How to report descriptive statistics
The results of your statistical analyses help you to understand the outcome of your study, e.g. whether or not some variable has an effect, whether variables are related, whether differences among groups of observations are the same or different, etc. Statistics are tools of science, not an end unto themselves. Statistics should be used to substantiate your findings and help you to say objectively when you have significant results. Therefore, when reporting the statistical outcomes relevant to your study, subordinate them to the actual biological results.
Reporting Descriptive (Summary) Statistics
Means. Always report the mean (average value) along with a measure of variablility (standard deviation(s) or standard error of the mean ). Two common ways to express the mean and variability are shown below:
"Total length of brown trout (n=128) averaged 34.4 cm (s = 12.4 cm) in May, 1994, samples from Sebago Lake."
s = standard deviation (this format is preferred by Huth and others (1994 )
"Total length of brown trout (n=128) averaged 34.4 ± 12.4 cm in May, 1994, samples from Sebago Lake."
This style necessitates specifically saying in the Methods what measure of variability is reported with the mean.
If the summary statistics are presented in graphical form (a Figure), you can simply report the result in the text without verbalizing the summary values:
"Mean total length of brown trout in Sebago Lake increased by 3.8 cm between May and September, 1994 (Fig. 5)."
Frequencies: Frequency data should be summarized in the text with appropriate measures such as percents, proportions, or ratios.
"During the fall turnover period, an estimated 47% of brown trout and 24% of brook trout were concentrated in the deepest parts of the lake (Table 3)."
Reporting Results of Inferential (Hypothesis) Tests
In this example, the key result is shown in blue and the statistical result . which substantiates the finding, is in red.
"Mean total length of brown trout in Sebago Lake increased significantly (3.8 cm) between May (34.4 ± 12.4 cm, n=128) and September (38.2 ± 11.7 cm, n = 114) 1994 (twosample t-test, p < 0.001) ."
NOTE: AVOID writing whole sentences which simply say what test you used to analyze a result followed by another giving the result. This wastes precious words (economy. ) and unnecessarily increases your paper's length.
Summarizing Statistical Test Outcomes in Figures
If the results shown in a figure have been tested with an inferential test, it is appropriate to summarize the
outcome of the test in the graph so that your reader can quickly grasp the significance of the findings. It is imperative that you include information in your Materials and Methods, or in the figure legend, to explain how to interpret whatever system of coding you use.

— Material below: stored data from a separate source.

-- ===== src/Tests/Codes.antt =====
-- Runs of ExchangeAuthorizationCode: an exchange with an initial Refresh Token, and a replay.
use one_issuer.Base.{ℕ, suc, ◌+◌, ◌*◌, ◌≡◌, ◌≢◌, refl, true, none, some, [], ◌∷◌, any, find}
use one_issuer.Errors.{Result, ok, invalid_grant}
use one_issuer.Text.{Bytes, codes, str_eq}
use one_issuer.Text.Base64.{encode}
use one_issuer.Token.{ExchangeInput, Authority, Minted, InitialRefresh, Response, minute, day}
use one_issuer.Token.Secret.{hash_code, hash_refresh_token, new_code}
use one_issuer.Store.{AuthorizationCode, Db, Conn, returned, raised}
use one_issuer.Store.Quiet.{quiet}
use one_issuer.Store.Transaction.{start_db}
use one_issuer.Store.Queries.{is_of_kind}
use one_issuer.Store.Refresh.Invariant.{conn_of}
use one_issuer.Store.Code.{exchange_authorization_code}
use one_issuer.Store.Code.Once.{
  IsCodeAuthorized, exchange_authorization_code-IsCodeAuthorized, exchange_authorization_code_once,
}
use one_issuer.Store.Code.Replay.{WellPosed, exchange_authorization_code-replay}
use one_issuer.Tests.Samples.{digest, repeat, alone, app, consented, store, now, token_a}
use one_issuer.Audit.{valid_request_id}

abbrev verifier : Bytes
verifier = repeat 43 b'a'

abbrev issued : AuthorizationCode
issued = record {
  id = 9;
  code_hash = hash_code digest (new_code (repeat 32 3));
  auth_transaction_id = 10;
  consent_grant_id = 3;
  user_id = 1;
  client_id = 2;
  redirect_uri = codes "https://app.example.com/callback";
  scopes = consented.scopes;
  pkce_challenge = encode (digest verifier);
  pkce_method = codes "S256";
  nonce_value = some (codes "n");
  auth_time = now;
  created_at = now;
  expires_at = now + minute;
  consumed_at = none;
  consent_grant_version = 1;
  origin_session_id = some 7;
  session_binding_id = some 8;
}

abbrev code_store : Db
code_store = record store { codes = issued ∷ []; families = []; generations = [] }

abbrev redemption : ExchangeInput
redemption = record {
  code_hash = hash_code digest (new_code (repeat 32 3));
  client = app;
  redirect_uri = codes "https://app.example.com/callback";
  code_verifier = verifier;
  request_id = codes "req-2";
  now = now;
}

-- The callback of the service, for a request with offline_access.
abbrev mint_code : ℕ → Authority → Result Minted
mint_code attempt authority = ok (record {
  access_token_id = 30;
  jti_hash = repeat 32 6;
  access_token = codes "jwt";
  id_token = codes "id";
  issued_at = authority.issued_at;
  access_expires_at = authority.issued_at + 10 * minute;
  id_expires_at = authority.issued_at + 5 * minute;
  initial_refresh = some (record {
    family_id = 31;
    token_id = 32;
    token_hash = hash_refresh_token digest token_a;
    clear_token = token_a;
    expires_at = authority.issued_at + 30 * day;
    absolute_expires_at = authority.issued_at + 90 * day;
  });
})

abbrev tokens : Response
tokens = record {
  access_token = codes "jwt";
  token_type = codes "Bearer";
  expires_in = 600;
  id_token = codes "id";
  refresh_token = token_a;
  scope = codes "offline_access openid profile";
}

abbrev redeemed_conn : Conn
redeemed_conn =
    conn_of (exchange_authorization_code digest alone mint_code redemption (quiet code_store))

redeems :
    exchange_authorization_code digest alone mint_code redemption (quiet code_store)
    ≡ returned tokens redeemed_conn
unfolding exchange_authorization_code encode hash_code hash_refresh_token new_code
    one_issuer.Audit.compact one_issuer.Audit.new_event one_issuer.Audit.valid_event
    one_issuer.Scope.canonical_scopes one_issuer.Scope.difference one_issuer.Scope.intersection
    one_issuer.Scope.sorted_set one_issuer.Scope.subset one_issuer.Scope.supported
    one_issuer.Store.Code.audit_initial one_issuer.Store.Code.exchange_code_tx
    one_issuer.Store.Code.redeem_code one_issuer.Store.Code.redeem_writes
    one_issuer.Store.Code.replay_code one_issuer.Store.Code.report_code
    one_issuer.Store.Code.start_family one_issuer.Store.Minted.valid_minted_tokens
    one_issuer.Store.Locks.lock_active_user one_issuer.Store.Locks.lock_grant
    one_issuer.Store.Locks.lock_same_client one_issuer.Store.Locks.same_authenticated_client
    one_issuer.Store.Queries.consume_authorization_code one_issuer.Store.Queries.create_access_token
    one_issuer.Store.Queries.create_refresh_token
    one_issuer.Store.Queries.create_refresh_token_family one_issuer.Store.Queries.find_client
    one_issuer.Store.Queries.has_authorization_code_exchange_rejection
    one_issuer.Store.Queries.insert_protocol_audit one_issuer.Store.Queries.load_client_children
    one_issuer.Store.Queries.lock_authorization_code_by_hash
    one_issuer.Store.Queries.lock_consent_grant_by_user_client
    one_issuer.Store.Queries.lock_oidc_client_by_id one_issuer.Store.Queries.lock_user_by_id
    one_issuer.Store.Refresh.digest_is one_issuer.Store.begin_tx one_issuer.Store.commit
    one_issuer.Store.in_tx one_issuer.Store.in_tx_from one_issuer.Store.is_retryable
    one_issuer.Store.query one_issuer.Store.select one_issuer.Text.Ascending.keys
    one_issuer.Text.Base64.decode one_issuer.Text.Base64.digit_of one_issuer.Text.Base64.value_of
    one_issuer.Text.Sort.contains one_issuer.Text.Sort.has_repeat one_issuer.Text.Sort.insert_string
    one_issuer.Text.Sort.search_strings one_issuer.Text.Sort.sort_strings one_issuer.Text.drop
    one_issuer.Text.has_prefix one_issuer.Text.join_space one_issuer.Text.mem one_issuer.Text.str_lt
    one_issuer.Token.Secret.decodes_to_length one_issuer.Token.Secret.digest_presented_refresh_token
    one_issuer.Token.Secret.is_verifier_character one_issuer.Token.Secret.valid_verifier
    one_issuer.Token.Secret.verify_s256 one_issuer.Token.Secret.well_formed str_eq valid_request_id
redeems = refl

exchange_authorization_code-IsCodeAuthorized_example :
    (n : ℕ) × IsCodeAuthorized digest (start_db alone code_store (suc n)) redemption tokens
exchange_authorization_code-IsCodeAuthorized_example =
    exchange_authorization_code-IsCodeAuthorized digest alone mint_code redemption
      (quiet code_store) redeemed_conn tokens redeems

exchange_authorization_code_once_example :
    exchange_authorization_code digest alone mint_code redemption redeemed_conn
    ≢ returned tokens redeemed_conn
exchange_authorization_code_once_example =
    exchange_authorization_code_once digest alone mint_code redemption redemption (quiet code_store)
      redeemed_conn redeemed_conn redeemed_conn tokens tokens (λ n db h. h) refl redeems (λ h. h)

abbrev used_code : AuthorizationCode
used_code = record issued { consumed_at = some now }

abbrev used_code_store : Db
used_code_store = record store { codes = used_code ∷ [] }

redemption-WellPosed : WellPosed digest alone mint_code redemption
unfolding hash_code encode new_code one_issuer.Text.Base64.digit_of one_issuer.Text.drop str_eq
redemption-WellPosed = record {
  size = refl;
  client_set = refl;
  redirect_set = refl;
  verifier_set = refl;
  now_set = refl;
}

used_code_found :
    find (λ r. str_eq r.code_hash redemption.code_hash) used_code_store.codes ≡ some used_code
unfolding str_eq encode hash_code new_code one_issuer.Text.Base64.digit_of one_issuer.Text.drop
used_code_found = refl

exchange_authorization_code-replay_example :
    (left : Db) × (exchange_authorization_code digest alone mint_code redemption
        (quiet used_code_store)
      ≡ raised invalid_grant (quiet left))
    × (any (is_of_kind 1 9) left.audits ≡ true)
    × (record left { audits = used_code_store.audits } ≡ used_code_store)
    × (any (is_of_kind 1 9) used_code_store.audits ≡ true → left ≡ used_code_store)
unfolding valid_request_id
exchange_authorization_code-replay_example =
    exchange_authorization_code-replay digest alone mint_code used_code_store redemption used_code
      now redemption-WellPosed used_code_found refl refl refl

Several common methods for summarizing statistical outcomes are shown below.
Examples: Comparing groups (t-tests, ANOVA, etc)
Comparison of the means of 2 or more groups is usually depicted in a bar graph of the means and associated error bars.
For two groups. the larger mean may have 1-4 asterisks centered over the error bar to indicate the relative level of the p-value. In general, "*" means p< 0.05, "**" means p< 0.01, "***" means p< 0.001, and "****" means p<0.0001. In all cases, the p-value should be reported as well in the figure legend
The asterisk may also be used with tabular results as shown below. Note how the author has used a footnote to define the p-values that correspond to the number of asterisks. (Courtesy of Shelley Ball )
For three or more groups there are two systems typically used: lines or letters. The system you use depends on how complicated it is to summarize the result. The first example below shows a comparison of three means. The line spanning two adjacent bars indicates that they are not significantly different (based on a multiple comparisons test), and because the line does not include the pH 2 mean, it indicates that the pH 2 mean is significantly different from both the pH 5.3 (control) and the pH 3.5 group means. Note that information about how to interpret the coding system (line or letters) is included in the figure legend.
When lines cannot easily be drawn to summarize the result, the most common alternative is to use capital letters placed over the error bars. Letters shared in common between or among the groups would indicate no significant difference.
Example: Summarizing Correlation and Regression Analyses
For relationship data (X,Y plots) on which a correlation or regression analysis has been performed, it is customary to report the salient test statistics (e.g. r, r-square) and a p-value in the body of the graph in relatively small font so as to be unobtrusive. If a regression is done, the best-fit line should be plotted and the equation of the line also provided in the body of the graph.